前提として,競売請求(区分所有法59条)が認められると,管理組合は,被告所有の区分所有権及び敷地利用権について競売を申し立てることができるようになりますが,競売請求が認められるには以下の非常に厳しい必要をクリアする必要があります。この要件に沿って以下に判決内容を紹介します。
①「第6条第1項に規定する行為による区分所有者の共同生活上の障害が著しく」,
②「他の方法によってはその障害を除去・・・することが困難である」,
管理費等の滞納については,本件マンション全体における管理費のうち滞納額が占める割合が低いことや,滞納によって生じたといえる実害(必要な改修工事が実施できない状況にある等)が認められないことから障害が著しいとまでは認められない上(要件①),本訴提訴後において,被告訴訟代理人弁護士が,原告訴訟代理人弁護士に対し,滞納管理費等を一括で支払うことを申し出ており,ただ管理組合側が受領を拒絶していること,証人尋問において今後は管理費等を支払う意向を示していることから,競売請求以外に管理費等の滞納を解消し得る手段がないとはいえない(要件②),という判断を下しています。
また,共用部分にビラを貼る,居室前の階段や廊下への私物を置くなどのいわゆる迷惑行為については,既に清掃に着手し概ね片付けるに至っており障害が著しいとまではいえず(要件①),証人尋問において迷惑行為を繰り返さない旨証言しており,競売請求以外で迷惑行為を解消し得る手段がないとはいえない(要件②),という判断を下しています。

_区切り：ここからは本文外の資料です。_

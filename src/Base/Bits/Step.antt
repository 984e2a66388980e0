-- ===== src/Base/Bits/Step.antt =====
-- The lowest digit of the native bit operations, from the recursion on digits they stand for.
use Prim.Native.Nat.{
  ℕ, zero, suc, ◌+◌, ◌*◌, ◌/◌, ◌%◌, ◌≤◌, min, max, bit_and, bit_or, digits, bitwise,
  bit_and-bitwise, bit_or-bitwise, bit_xor, bit_xor-bitwise, differ,
}
use mathlib.Core.Path.{◌≡◌, refl, sym, ap, ◌∙◌}
use native.Mathlib.Omega.{arith}

module _ (over : ℕ → ℕ) (op : ℕ → ℕ → ℕ) where
  -- A first argument of zero ends the recursion at once.
  at_zero : (fuel b : ℕ) → digits over op fuel 0 b ≡ over b
  at_zero zero b = refl
  at_zero (suc fuel) b = refl

  -- The fuel that is left over does not matter.
  spare_fuel :
      (b less more a : ℕ)
      → less ≤ more
      → a ≤ less
      → digits over op more a b ≡ digits over op less a b
  spare_fuel b less more zero order enough = at_zero more b ∙ sym (at_zero less b)
  spare_fuel b zero more (suc a) order enough = absurd (omega arith)
  spare_fuel b (suc less) zero (suc a) order enough = absurd (omega arith)
  spare_fuel b (suc less) (suc more) (suc a) order enough =
      ap (λ high. high * 2 + op (suc a % 2) (b % 2))
        (spare_fuel (b / 2) less more (suc a / 2) (omega arith) (omega arith))

  lowest_digit :
      (b a : ℕ)
      → bitwise over op (suc a) b ≡ bitwise over op (suc a / 2) (b / 2) * 2 + op (suc a % 2) (b % 2)
  lowest_digit b a =
      ap (λ high. high * 2 + op (suc a % 2) (b % 2))
        (spare_fuel (b / 2) (suc a / 2) a (suc a / 2) (omega arith) (omega arith))

pub bit_xor_step : (a b : ℕ) → bit_xor a b ≡ bit_xor (a / 2) (b / 2) * 2 + differ (a % 2) (b % 2)
bit_xor_step zero b = simp bit_xor-bitwise (omega arith)
bit_xor_step (suc a) b = simp bit_xor-bitwise (lowest_digit (λ y. y) differ b a)

pub bit_or_step : (a b : ℕ) → bit_or a b ≡ max (a % 2) (b % 2) + 2 * bit_or (a / 2) (b / 2)
bit_or_step zero b = simp bit_or-bitwise (omega arith)
bit_or_step (suc a) b = simp bit_or-bitwise (omega (arith, lowest_digit (λ y. y) max b a))

pub bit_and_step : (a b : ℕ) → bit_and a b ≡ min (a % 2) (b % 2) + 2 * bit_and (a / 2) (b / 2)
bit_and_step zero b = simp bit_and-bitwise (omega arith)
bit_and_step (suc a) b = simp bit_and-bitwise (omega (arith, lowest_digit (λ y. 0) min b a))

以上の理由で結論としては請求棄却で,原告側からすれば敗訴判決です。
本訴訟では,被告側には訴訟代理人弁護士が就任してます。当該弁護士がどの段階から被告側の代理人に就任したかは明かではありませんが,この弁護士が,被告を説得し,この事件を良い方向に導くに大きな役割を担ったのではなかと思われます。訴訟に勝つことだけがイコール事件の解決というわけではありません。本事件のように,訴訟には負けるも(つまり,競売請求は認められず被告を追い出すことは実現しませんが),事件の解決に繋がる(つまり,滞納管理費等が解消され,迷惑行為もストップするという良い方向に繋がる)ということもあります。滞納案件や迷惑行為案件では,相手方に弁護士がつくことはあまり多くはありません。一般的な感覚だと,なとなく相手に弁護士がつくと強敵現るといった印象を受けるかもしれませんが,むしろ弁護士が就任した方が訴訟としての勝敗はともかく,事件自体の解決に繋がる場合は少なくないと思います。
この事件がその後どうなったのかまでは分かりませんが,裁判所,弁護士,当事者といった事件関係者の期待や意向どおり無事に解決していて欲しいものです。